Periodontal Biology Laboratory, Faculty of Dentistry, Universidad de Chile, Santiago, Chile.
Molecular Immunology Laboratory, Faculty of Biological Sciences, Universidad de Concepción, Concepción, Chile.
J Periodontol. 2018 Oct;89(10):1249-1261. doi: 10.1002/JPER.17-0563. Epub 2018 Aug 20.
Aggregatibacter actinomycetemcomitans expresses several virulence factors that may contribute to the pathogenesis of periodontitis. Based on the antigenicity of the O-polysaccharide component of the lipopolysaccharide (LPS), different A. actinomycetemcomitans serotypes have been described. Among them, serotype b has demonstrated a stronger capacity to trigger Th1 and Th17-associated cytokine, CC-chemokine, and CC-chemokine receptor production on immune cells in vitro. With a murine model of experimental periodontitis, this investigation aimed to analyze the alveolar bone resorption and the pattern of immune response triggered by the different A. actinomycetemcomitans serotypes within periodontal lesions.
For periodontal lesion induction, mice were orally infected with the different A. actinomycetemcomitans serotypes or their purified LPS. Alveolar bone resorption was analyzed using microcomputed tomography and scanning electron microscopy. Bacterial infection, receptor activator of nuclear factor-kappa B ligand (RANKL) and Th1 and Th17-associated cytokine, CC-chemokine, and CC-chemokine receptor levels were quantified by quantitative polymerase chain reaction (qPCR). T lymphocytes isolated from periodontal lesions were analyzed by flow cytometry.
In periodontal lesions, serotype b of A. actinomycetemcomitans induced higher alveolar bone resorption and expression of RANKL compared with the other serotypes. In addition, serotype b induced greater levels of Th1- and Th17-related cytokines, CC-chemokines, and CC-chemokine receptors than the others. Similarly, higher numbers of infiltrating Th1 and Th17 lymphocytes were detected in serotype b-induced periodontal lesions.
These results demonstrate that periodontal lesions induced with different A. actinomycetemcomitans serotypes elicited distinct alveolar bone resorption and immune response. In particular, serotype b was more pathogenic than the others and induced stronger Th1 and Th17 patterns of immune responses during experimental periodontitis.
伴放线放线杆菌表达多种毒力因子,这些因子可能与牙周炎的发病机制有关。根据脂多糖(LPS)的 O-多糖成分的抗原性,已经描述了不同的伴放线放线杆菌血清型。其中,血清型 b 已被证明在体外对免疫细胞具有更强的触发 Th1 和 Th17 相关细胞因子、CC-趋化因子和 CC-趋化因子受体产生的能力。本研究通过实验性牙周炎的小鼠模型,旨在分析不同血清型伴放线放线杆菌在牙周病变中引发的牙槽骨吸收和免疫反应模式。

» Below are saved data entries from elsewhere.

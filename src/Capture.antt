-- ===== src/Capture.antt =====
-- internal/capture/capture.go and manager.go: the destinations that a browser capture has observed,
-- and the manager of capture sessions.
pub mod Destinations
pub mod Described
pub mod Refines
pub mod Totals
pub mod Bounds
pub mod Manager
pub mod Places
pub mod Release
mod Tests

为了诱导牙周病损,小鼠经口感染不同的伴放线放线杆菌血清型或其纯化 LPS。使用微计算机断层扫描和扫描电子显微镜分析牙槽骨吸收。通过定量聚合酶链反应(qPCR)定量检测细菌感染、核因子 κB 配体(RANKL)和 Th1 和 Th17 相关细胞因子、CC-趋化因子和 CC-趋化因子受体水平。通过流式细胞术分析从牙周病损中分离的 T 淋巴细胞。
在牙周病损中,与其他血清型相比,伴放线放线杆菌血清型 b 诱导更高的牙槽骨吸收和 RANKL 表达。此外,与其他血清型相比,血清型 b 诱导更高水平的 Th1 和 Th17 相关细胞因子、CC-趋化因子和 CC-趋化因子受体。同样,在血清型 b 诱导的牙周病损中检测到更多浸润的 Th1 和 Th17 淋巴细胞。
这些结果表明,用不同的伴放线放线杆菌血清型诱导的牙周病损引起了不同的牙槽骨吸收和免疫反应。特别是,血清型 b 比其他血清型更具致病性,并在实验性牙周炎中诱导更强的 Th1 和 Th17 免疫反应模式。